The court concluded that the litigation funding agreement in question met all the criteria except for items four and five.  Regarding item four, it concluded that the appropriate level of compensation for the funder could only be determined at the end of the litigation.  The funder's share of the contingency fee seemed untypically and disproportionately high, structured as it was in a hybrid manner that combined a partial contingency fee with a fee for services retainer.  As for item five, the court expressed concern that the funder's termination rights under the agreement interfered with the plaintiffs' litigation autonomy.  It further characterized the litigation funding agreement as creating the impression that the class proceeding was being prosecuted more on behalf of the funder than on behalf of the class members.  The litigation funder has sought leave to appeal.

The decision reflects the general trend toward greater acceptance of litigation funding arrangements but not without judicial oversight to ensure the parties' interests are protected.

Livent Inc. v. Deloitte & Touche

Livent Inc. was a publicly traded company.  It brought popular shows including "Phantom of the Opera" and "Joseph and the Amazing Technicolor Dreamcoat" to theatres across North America.  In 1998, new management discovered serious accounting irregularities in its financial statements.  Trading in Livent shares was suspended.  The company’s founders Garth Drabinsky and Myron Gotleib were convicted of fraud.  As the trial judge in the action against Deloitte later found, Livent was "rife with fraud, which burrowed deep into the operation, involved senior management and extended well into most, if not all, levels of the accounting staff of the Company.”

Deloitte was Livent's auditors between 1989 and 1998.  In 2001, Livent, through its receiver, commenced an action against Deloitte alleging, among other things, that its audits between 1992 and 1998 were negligent.
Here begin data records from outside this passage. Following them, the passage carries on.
-- ===== src/Http/Limit.antt =====
-- What a limited body passes on.
use bolt_load.Prelude.{
  ℕ, ◌+◌, ◌-◌, ◌≤◌, ◌<◌, ◌≡◌, refl, sym, ◌∙◌, Bool, true, false, inl, inr, Option, none, some, List,
  [], ◌∷◌, ltb, leb, length, ok, err, add64, sub64, arith, Bool-cases, u64_mod, le→leb, all,
}
use bolt_load.Adapter.Error.{ContentRange}
use bolt_load.Http.Body.{Item, RangeBody, covered, limit_range_body, poll_next}

-- The items that the reader of a body gets, up to the end: the inner stream gives the items and then
-- ends.
abbrev pub and_then : Option Item → List Item → List Item
and_then none items = []
and_then (some item) items = item ∷ items

unfoldable pub drain : RangeBody → List Item → List Item
unfolding poll_next
drain b [] = let (b', out) = poll_next b none in and_then out []
drain b (item ∷ items) =
    let (b', out) = poll_next b (some item) in let rest = drain b' items in and_then out rest

-- The bytes of the chunks.
abbrev pub item_bytes : Item → ℕ
item_bytes (ok chunk) = length chunk
item_bytes (err e) = 0

unfoldable pub total_bytes : List Item → ℕ
total_bytes [] = 0
total_bytes (item ∷ items) = item_bytes item + total_bytes items

abbrev pub is_chunk : Item → Bool
is_chunk (ok chunk) = true
is_chunk (err e) = false

drain-closed :
    (got : ContentRange) (remaining : ℕ) (items : List Item)
    → drain (record { is_open = false; got = got; remaining = remaining }) items ≡ []
unfolding drain poll_next
drain-closed got remaining [] = refl
drain-closed got remaining (item ∷ items) = refl

-- An open body with `n` bytes to come: at most so many are passed on, and so many if there is no error.
drain_lem :
    (got : ContentRange) (n : ℕ) (items : List Item)
    → let out = drain (record { is_open = true; got = got; remaining = n }) items in
      (total_bytes out ≤ n) × (all is_chunk out ≡ true → total_bytes out ≡ n)
unfolding drain poll_next total_bytes
drain_lem got n [] = elim (Bool-cases (ltb 0 n)) [
  | inl e ↦ rw e (omega arith, λ k. absurd (ground arith))
  | inr e ↦ rw e (omega arith, λ k. ground arith)
]
drain_lem got n (err e ∷ items) =
    let (most, _) = drain_lem got n items in (omega (arith, most), λ k. absurd (ground arith))
drain_lem got n (ok chunk ∷ items) = elim (Bool-cases (leb (length chunk) n)) [
  | inl e ↦
      let (most, exact) = drain_lem got (n - length chunk) items in
      rw e (ground (arith, most), λ k. ground (arith, exact k))
  | inr e ↦ rw (e, drain-closed got n items) (omega arith, λ k. absurd (ground arith))
]

-- A body that gives exactly the bytes, without an error, is passed on as it is.
drain-exact :
    (got : ContentRange) (n : ℕ) (items : List Item)
    → all is_chunk items ≡ true
    → total_bytes items ≡ n
    → drain (record { is_open = true; got = got; remaining = n }) items ≡ items
unfolding drain poll_next total_bytes
drain-exact got n [] a e = rw (← e) refl
drain-exact got n (err x ∷ items) a e = absurd (ground arith)
drain-exact got n (ok chunk ∷ items) a e =
    rw
      (
        le→leb (length chunk) n (omega (arith, e)),
        drain-exact got (n - length chunk) items a (omega (arith, e)),
      )
      refl

covered_lem :
    (got : ContentRange)
    → got.first ≤ got.last
    → got.last + 1 < u64_mod
    → covered got ≡ got.last + 1 - got.first
unfolding add64 sub64
covered_lem got l m = omega arith

pub limit_range_body_lem :
    (got : ContentRange) (items : List Item)
    → got.first ≤ got.last
    → got.last + 1 < u64_mod
    → let out = drain (limit_range_body got) items in
      (total_bytes out ≤ got.last + 1 - got.first)
      × (all is_chunk out ≡ true → total_bytes out ≡ got.last + 1 - got.first)
limit_range_body_lem got items l m =
    let size : covered got ≡ got.last + 1 - got.first = covered_lem got l m in
    let (most, exact) = drain_lem got (covered got) items in
    (omega (arith, most, size), λ k. exact k ∙ size)

-- For a `Content-Range` in order and within 64 bits, a body that gives exactly as many bytes as the range
-- has, without an error, is passed on as it is.
pub limit_range_body-exact :
    (got : ContentRange) (items : List Item)
    → got.first ≤ got.last
    → got.last + 1 < u64_mod
    → all is_chunk items ≡ true
    → total_bytes items ≡ got.last + 1 - got.first
    → drain (limit_range_body got) items ≡ items
limit_range_body-exact got items l m k e =
    drain-exact got (covered got) items k (e ∙ sym (covered_lem got l m))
Livent alleged that Deloitte failed to detect the fraud, causing it to realize a value on its assets upon liquidation less than it otherwise would have.  The trial judge found in favour of Livent, awarding $84 million in damages plus interest against Deloitte.  The Court of Appeal for Ontario dismissed Deloitte's appeal.
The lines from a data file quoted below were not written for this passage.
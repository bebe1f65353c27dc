-- ===== src/Http/Accept.antt =====
-- Which responses `validate_range_response` lets through, and where their bytes lie.
use bolt_load.Prelude.{
  ℕ, ◌+◌, ◌≤◌, ◌<◌, ◌≡◌, refl, ◌∙◌, true, false, not, ◌||◌, ◌&&◌, inl, inr, Option, none, some,
  List, ltb, ◌==◌, Result, ok, err, arith, Bool-cases, Option-cases, u64_mod, all, ◌>>=◌,
}
use bolt_load.Planner.Chunk.{Range}
use bolt_load.Adapter.Error.{Text, ContentRange, UnretryableError}
use bolt_load.Adapter.ContentRange.{
  InvalidContentRange, from_str, parse_parts, check_order, is_beyond,
}
use bolt_load.Http.Range.{
  RangeHeaders, is_multipart, is_some_and, agrees, coded, check_got, check_partial, into, ok_of,
  validate_range_response,
}
use bolt_load.Http.Body.{Item, limit_range_body}
use bolt_load.Http.Limit.{drain, total_bytes, is_chunk, limit_range_body_lem}

check_order-le : (r s : ContentRange) → check_order r ≡ some s → s.first ≤ s.last
check_order-le r s e = elim (Bool-cases (ltb r.last r.first || is_beyond r.last r.complete)) [
  | inl k ↦ absurd (ground (arith, rw k at e))
  | inr k ↦ ground (arith, rw k at e)
]

-- A header that parses is in order.
parse_parts-le : (value : Text) (r : ContentRange) → parse_parts value ≡ some r → r.first ≤ r.last
unfolding parse_parts
parse_parts-le value r e = ground arith

from_str-le : (value : Text) (r : ContentRange) → from_str value ≡ ok r → r.first ≤ r.last
unfolding from_str
from_str-le value r e = elim (Option-cases (parse_parts value)) [
  | inl k ↦ absurd (ground (arith, rw (k, from_str) at e))
  | inr (s, k) ↦ parse_parts-le value r (k ∙ ground (arith, rw (k, from_str) at e))
]

-- What makes a partial response acceptable.
pub record IsAccepted (headers : RangeHeaders) (requested : Range) (expected : Option ℕ)
    (got : ContentRange) : Type 0 where
  pub parsed : (value : Text) × (headers.content_range ≡ some value) × (from_str value ≡ ok got)
  pub starts : got.first ≡ requested.start
  pub ordered : got.first ≤ got.last
  pub ends : got.last < requested.end
  pub total : agrees got.complete expected ≡ true
  pub single : is_some_and is_multipart headers.content_type ≡ false
  pub uncoded : coded headers.content_encoding ≡ none

into-ok :
    (r : Result ContentRange UnretryableError) (got : ContentRange) → into r ≡ ok got → r ≡ ok got
into-ok (ok a) got e = ground arith
into-ok (err x) got e = absurd (ground arith)

ok_of-some :
    (r : Result ContentRange InvalidContentRange) (got : ContentRange)
    → ok_of r ≡ some got
    → r ≡ ok got
ok_of-some (ok a) got e = ground arith
ok_of-some (err x) got e = absurd (ground arith)

header_parsed :
    (header : Option Text) (got : ContentRange)
    → (header >>= λ value. ok_of (from_str value)) ≡ some got
    → (value : Text) × (header ≡ some value) × (from_str value ≡ ok got)
header_parsed none got e = absurd (ground arith)
header_parsed (some value) got e = (value, refl, ok_of-some (from_str value) got e)

check_got-ok :
    (headers : RangeHeaders) (requested : Range) (expected : Option ℕ) (o : Option ContentRange)
    (got : ContentRange)
    → check_got headers requested expected o ≡ ok got
    → (o ≡ some got)
      × (got.first ≡ requested.start)
      × (got.last < requested.end)
      × (agrees got.complete expected ≡ true)
      × (is_some_and is_multipart headers.content_type ≡ false)
      × (coded headers.content_encoding ≡ none)
check_got-ok headers requested expected none got e = absurd (ground arith)
check_got-ok headers requested expected (some g) got e =
    elim (Bool-cases (
      not (is_some_and is_multipart headers.content_type)
      && g.first == requested.start
      && ltb g.last requested.end
      && agrees g.complete expected)) [
        | inl k ↦ elim (Option-cases (coded headers.content_encoding)) [
          | inl n ↦
              let same : g ≡ got = ground (arith, rw (k, n) at e) in
              rw (← same) (refl, ground arith, ground arith, ground arith, ground arith, n)
          | inr (coding, n) ↦ absurd (ground (arith, rw (k, n) at e))
        ]
        | inr k ↦ absurd (ground (arith, rw k at e))
      ]

check_partial-IsAccepted :
    (headers : RangeHeaders) (requested : Range) (expected : Option ℕ) (got : ContentRange)
    → check_partial headers requested expected ≡ ok got
    → IsAccepted headers requested expected got
unfolding check_partial
check_partial-IsAccepted headers requested expected got e =
    let o = headers.content_range >>= λ value. ok_of (from_str value) in
    let (found, starts, ends, total, single, uncoded) =
      check_got-ok headers requested expected o got (into-ok _ got e) in
    let (value, header, parsed) = header_parsed headers.content_range got found in
    record {
      parsed = (value, header, parsed);
      starts = starts;
      ordered = from_str-le value got parsed;
      ends = ends;
      total = total;
      single = single;
      uncoded = uncoded;
    }

-- A response that `validate_range_response` lets through has status 206 and a `Content-Range` that
-- parses to the returned range, is in order, starts at the requested start, ends before the requested
-- end and names no other total than the expected one; it is not multipart and names no content coding.
pub validate_range_response-IsAccepted :
    (status : ℕ) (headers : RangeHeaders) (requested : Range) (expected : Option ℕ)
    (got : ContentRange)
    → validate_range_response status headers requested expected ≡ ok got
    → (status ≡ 206) × IsAccepted headers requested expected got
unfolding validate_range_response
validate_range_response-IsAccepted status headers requested expected got e =
    elim (Bool-cases (status == 206)) [
      | inl k ↦ (
        ground arith,
        check_partial-IsAccepted headers requested expected got
            (rw (k, validate_range_response) at e),
      )
      | inr k ↦ absurd (ground (arith, rw (k, validate_range_response) at e))
    ]

-- The body of an accepted response, held to its range, stays within the requested range: whatever
-- the inner body gives, what is passed on and written from the requested start ends no later than the
-- requested end.
pub validated_body_fits :
    (status : ℕ) (headers : RangeHeaders) (requested : Range) (expected : Option ℕ)
    (got : ContentRange) (items : List Item)
    → requested.end < u64_mod
    → validate_range_response status headers requested expected ≡ ok got
    → requested.start + total_bytes (drain (limit_range_body got) items) ≤ requested.end
validated_body_fits status headers requested expected got items fits e =
    let (_, a) = validate_range_response-IsAccepted status headers requested expected got e in
    let (most, _) = limit_range_body_lem got items a.ordered (omega (arith, a.ends)) in
    omega (arith, most, a.ends, a.ordered, a.starts)

-- If no error is passed on from the body of an accepted response, what is written from the requested
-- start ends exactly at the last byte of the `Content-Range`.
pub validated_body-total_bytes :
    (status : ℕ) (headers : RangeHeaders) (requested : Range) (expected : Option ℕ)
    (got : ContentRange) (items : List Item)
    → requested.end < u64_mod
    → validate_range_response status headers requested expected ≡ ok got
    → all is_chunk (drain (limit_range_body got) items) ≡ true
    → requested.start + total_bytes (drain (limit_range_body got) items) ≡ got.last + 1
validated_body-total_bytes status headers requested expected got items fits e k =
    let (_, a) = validate_range_response-IsAccepted status headers requested expected got e in
    let (_, exact) = limit_range_body_lem got items a.ordered (omega (arith, a.ends)) in
    omega (arith, exact k, a.ordered, a.starts)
Deloitte's appeal was argued before the Supreme Court of Canada on February 15, 2017.  It argued that the Court of Appeal erred by ultimately permitting a thoroughly fraudulent corporation, whose directing minds deceived both is auditor and its investors, to effectively be indemnified by its auditor for disproportionate losses suffered by stakeholders. The ruling, Deloitte cautioned, would encourage corporate auditors to resign an audit before they feel they can responsibly do so in order to minimize the risk of catastrophic loss and indeterminate liability. 

The case raises a number of issues including: (1) whether the plaintiff could advance a claim for damages relating to a breach of duty arguably owed to another entity.   Indeed, Deloitte argued that Livent is not claiming for its own losses, but rather is advancing a proxy claim, indirectly, for losses sustained by its creditors and investors that will be recoverable in Livent’s insolvency proceedings;  (2) the extent to which attribution of wrongdoing of senior management could defeat Livent's cause of action and the ex turpi causa defence; and (3) whether the unsettled theory of deepening insolvency (the artificial prolongation of a corporation's existence past the point of insolvency)  of damages is an acceptable measure of the plaintiff's loss.

Auditors, insurers, and class action counsel among others are keenly watching the Supreme Court of Canada for the release of its decision in this landmark case.